Kinetics regulation in yarn-shaped Zn-ammonium vanadate batteries by sodium-ion and polyaniline co-intercalation and carbon nanotube intermediate layer

Flexible yarn-shaped aqueous zinc ion batteries (AZIBs) show great promise for wearable and portable energy devices due to their low cost, small volume, flexibility, and compatibility with textiles. However, challenges such as low capacity and energy density due to sluggish Zn 2+ ion kinetics prevent their practical applications in wearable electronics. Herein, we develop a strategy involving Na + ions and polyaniline co-intercalation, along with coaxially wrapping, to fabricate yarn-shaped AZIBs containing core-sheath carbon nanotube/Na + ion and polyaniline co-intercalated NH 4 V 4 O 10 (NaNVO-PANI) yarn cathode and zinc wire anode. The NaNVO-PANI structure enhances electrochemical performance by enlarging interlayer spacing and improving electronic conductivity.

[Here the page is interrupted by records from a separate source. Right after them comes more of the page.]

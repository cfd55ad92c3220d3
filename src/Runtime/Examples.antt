-- ===== src/Runtime/Examples.antt =====
-- A plan of two nodes, traversed.
use agent_orchestration_core.Common.{
  Bool, Option, str_eq, refl, some, true, ok_inj, false, none, [], ◌∷◌, ok,
}
use agent_orchestration_core.Value.{Value, bool, str, arr, obj, nil, cons, end, field}
use agent_orchestration_core.Runtime.Types.{
  NodeSpec, normal, ExecutionPlan, ExecutionContext, NodeExecutionStatus, NodeResult, Repository,
  Nodes,
}
use agent_orchestration_core.Runtime.Safety.{IsSafe}

-- Every node succeeds with the output `{"done": True}`.
abbrev pub done_result : NodeResult
done_result = record {
  status = NodeExecutionStatus.success;
  output = field "done" (bool true) end;
  next_state = none;
  memory = none;
  usage = none;
}

abbrev pub agreeable : Nodes
agreeable = record {
  resolves = λ t. true;
  construction_error = λ t. none;
  execute = λ t c config. ok done_result;
  objects = record { attribute = λ v name. none; identical = λ v w. false };
  is_uuid = λ id. true;
}

-- `done == True`
abbrev pub is_done : Value
is_done = arr (
    cons
      (obj (
        field "__type__" (str "path")
          (field "segments" (arr (cons (arr (cons (str "done") nil)) nil)) end)))
      (cons (str "==") (cons (bool true) nil)))

abbrev two_nodes : ExecutionPlan
two_nodes = record {
  start_node_id = "a0000000-0000-4000-8000-000000000000";
  ordered_nodes =
      "a0000000-0000-4000-8000-000000000000" ∷ "b0000000-0000-4000-8000-000000000000" ∷ [];
  adjacency_map =
      (
        "a0000000-0000-4000-8000-000000000000",
        record {
          from_node = "a0000000-0000-4000-8000-000000000000";
          to_node = "b0000000-0000-4000-8000-000000000000";
          edge_kind = normal;
          compiled_condition = is_done;
          order = 0;
        }
            ∷ [],
      )
      ∷ [];
  terminal_nodes = "b0000000-0000-4000-8000-000000000000" ∷ [];
  nodes =
      (
        "a0000000-0000-4000-8000-000000000000",
        record { node_type = "IntentClassifier"; config = end },
      )
      ∷ (
        "b0000000-0000-4000-8000-000000000000",
        record { node_type = "ResponseBuilder"; config = end },
      )
      ∷ [];
}

abbrev at_start : ExecutionContext
at_start = record {
  current_node_id = "a0000000-0000-4000-8000-000000000000";
  current_node_run_id = none;
  state = end;
  memory = [];
  metadata = end;
  node_output = end;
}

abbrev pub untouched : Repository
untouched = record {
  log = [];
  next_run_id = 0;
  graph_state = none;
  node_outputs = [];
  escaped = none;
}

pub agreeable-IsSafe : (plan : ExecutionPlan) → IsSafe agreeable plan
agreeable-IsSafe plan = record {
  ids = λ id spec found. refl;
  states = λ t c config result e. rw (← (ok_inj done_result result e)) refl;
}

-- What the executor's start leaves in the repository of the workflow.
abbrev prepared : Repository
prepared = record untouched {
  graph_state = some (record {
    current_node_id = "a0000000-0000-4000-8000-000000000000";
    state = end;
    memory = [];
    resume_to_node_id = none;
    metadata = end;
  });
}

abbrev is_human : Option NodeSpec → Bool
is_human none = false
is_human (some spec) = str_eq spec.node_type "HumanFallback"
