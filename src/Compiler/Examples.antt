-- ===== src/Compiler/Examples.antt =====
-- Snapshots of flow graphs, compiled and run.
use agent_orchestration_core.Common.{
  String, ◌≡◌, refl, Option, none, some, List, [], ◌∷◌, has, domain, ok, err,
}
use agent_orchestration_core.Value.{end}
use agent_orchestration_core.Runtime.Types.{ExecutionPlan, CompiledEdge, NodeSpec, normal}
use agent_orchestration_core.Runtime.Executor.{RunRequest}
use agent_orchestration_core.Runtime.Examples.{is_done}
use agent_orchestration_core.Graph.{visit, explore}
use agent_orchestration_core.Graph.Reach.{Reaches}
use agent_orchestration_core.Graph.Loops.{strict_targets}
use agent_orchestration_core.Compiler.{
  as_list, SnapshotEdge, Snapshot, compile, validated, validate_reachability, validate_loops,
  compile_edges, sorted_edges, start_in, terminal_ids, node_ids, arcs_at,
}
use agent_orchestration_core.Compiler.Plans.{
  Verdict, compile-Verdict, compile-acyclic, strict_successors,
}

abbrev edge : String → String → Option String → SnapshotEdge
edge a b kind = record {
  from_node = a;
  to_node = b;
  condition = some "done == True";
  edge_kind = kind;
  compiled_condition = some is_done;
}

abbrev ask : NodeSpec
ask = record { node_type = "IntentClassifier"; config = end }

abbrev answer : NodeSpec
answer = record { node_type = "ResponseBuilder"; config = end }

abbrev question : List SnapshotEdge → Snapshot
question edges = record {
  start_node = some "a0000000-0000-4000-8000-000000000000";
  nodes =
      ("a0000000-0000-4000-8000-000000000000", ask)
      ∷ ("b0000000-0000-4000-8000-000000000000", ask)
      ∷ ("c0000000-0000-4000-8000-000000000000", answer)
      ∷ [];
  edges = edges;
}

abbrev straight : Snapshot
straight = question (
    edge "b0000000-0000-4000-8000-000000000000" "c0000000-0000-4000-8000-000000000000" none
    ∷ edge "a0000000-0000-4000-8000-000000000000" "b0000000-0000-4000-8000-000000000000"
        (some "NORMAL")
    ∷ [])

abbrev arc : String → String → CompiledEdge
arc a b = record {
  from_node = a;
  to_node = b;
  edge_kind = normal;
  compiled_condition = is_done;
  order = 0;
}

abbrev straight_plan : ExecutionPlan
straight_plan = record {
  start_node_id = "a0000000-0000-4000-8000-000000000000";
  ordered_nodes =
      "a0000000-0000-4000-8000-000000000000" ∷ "b0000000-0000-4000-8000-000000000000"
      ∷ "c0000000-0000-4000-8000-000000000000" ∷ [];
  adjacency_map =
      (
        "a0000000-0000-4000-8000-000000000000",
        arc "a0000000-0000-4000-8000-000000000000" "b0000000-0000-4000-8000-000000000000" ∷ [],
      )
      ∷ (
        "b0000000-0000-4000-8000-000000000000",
        record (arc "b0000000-0000-4000-8000-000000000000" "c0000000-0000-4000-8000-000000000000") {
          order = 1;
        }
            ∷ [],
      )
      ∷ [];
  terminal_nodes = "c0000000-0000-4000-8000-000000000000" ∷ [];
  nodes = straight.nodes;
}

straight_compiles : compile straight ≡ ok straight_plan
unfolding compile start_in compile_edges as_list sorted_edges terminal_ids validated
    validate_reachability validate_loops visit explore node_ids
straight_compiles = refl

back_refused :
    compile (
      question (
        edge "b0000000-0000-4000-8000-000000000000" "c0000000-0000-4000-8000-000000000000" none
        ∷ edge "a0000000-0000-4000-8000-000000000000" "b0000000-0000-4000-8000-000000000000" none
        ∷ edge "b0000000-0000-4000-8000-000000000000" "a0000000-0000-4000-8000-000000000000" none
        ∷ []))
    ≡ err (domain "cycle_not_marked_loop")
unfolding compile start_in compile_edges as_list sorted_edges terminal_ids validated
    validate_reachability validate_loops visit explore node_ids
back_refused = refl

apart_refused :
    compile (
      question (
        edge "a0000000-0000-4000-8000-000000000000" "c0000000-0000-4000-8000-000000000000" none
        ∷ []))
    ≡ err (domain "unreachable_nodes")
unfolding compile start_in compile_edges as_list sorted_edges terminal_ids validated
    validate_reachability visit node_ids
apart_refused = refl

compile-Verdict_example : Verdict straight (compile straight)
compile-Verdict_example = compile-Verdict straight

compile-acyclic_example : ¬ (
    Reaches
      (strict_successors straight_plan)
      "b0000000-0000-4000-8000-000000000000"
      "a0000000-0000-4000-8000-000000000000")
unfolding has strict_targets arcs_at
compile-acyclic_example =
    compile-acyclic straight straight_plan "a0000000-0000-4000-8000-000000000000"
      "b0000000-0000-4000-8000-000000000000" straight_compiles refl refl

abbrev asked : RunRequest
asked = record {
  trace_user_id = some "u";
  start_node_id = none;
  initial_state = end;
  initial_memory = [];
  definition = end;
  max_loop_iterations = none;
}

The resulting yarn batteries exhibit high specific capacity (346.9 mA h g −1 ), energy density (255.2 Wh kg −1 ), and long cycling life, making them suitable for self-powered energy systems. Notably, the CNT sheet sheath enables tunable charge storage kinetics by accelerating ion mixing between the electrolyte fluid and electrode interface through turbulence effects. This work is of great significance for developing high-performance flexible yarn-shaped AZIBs for wearable electronics.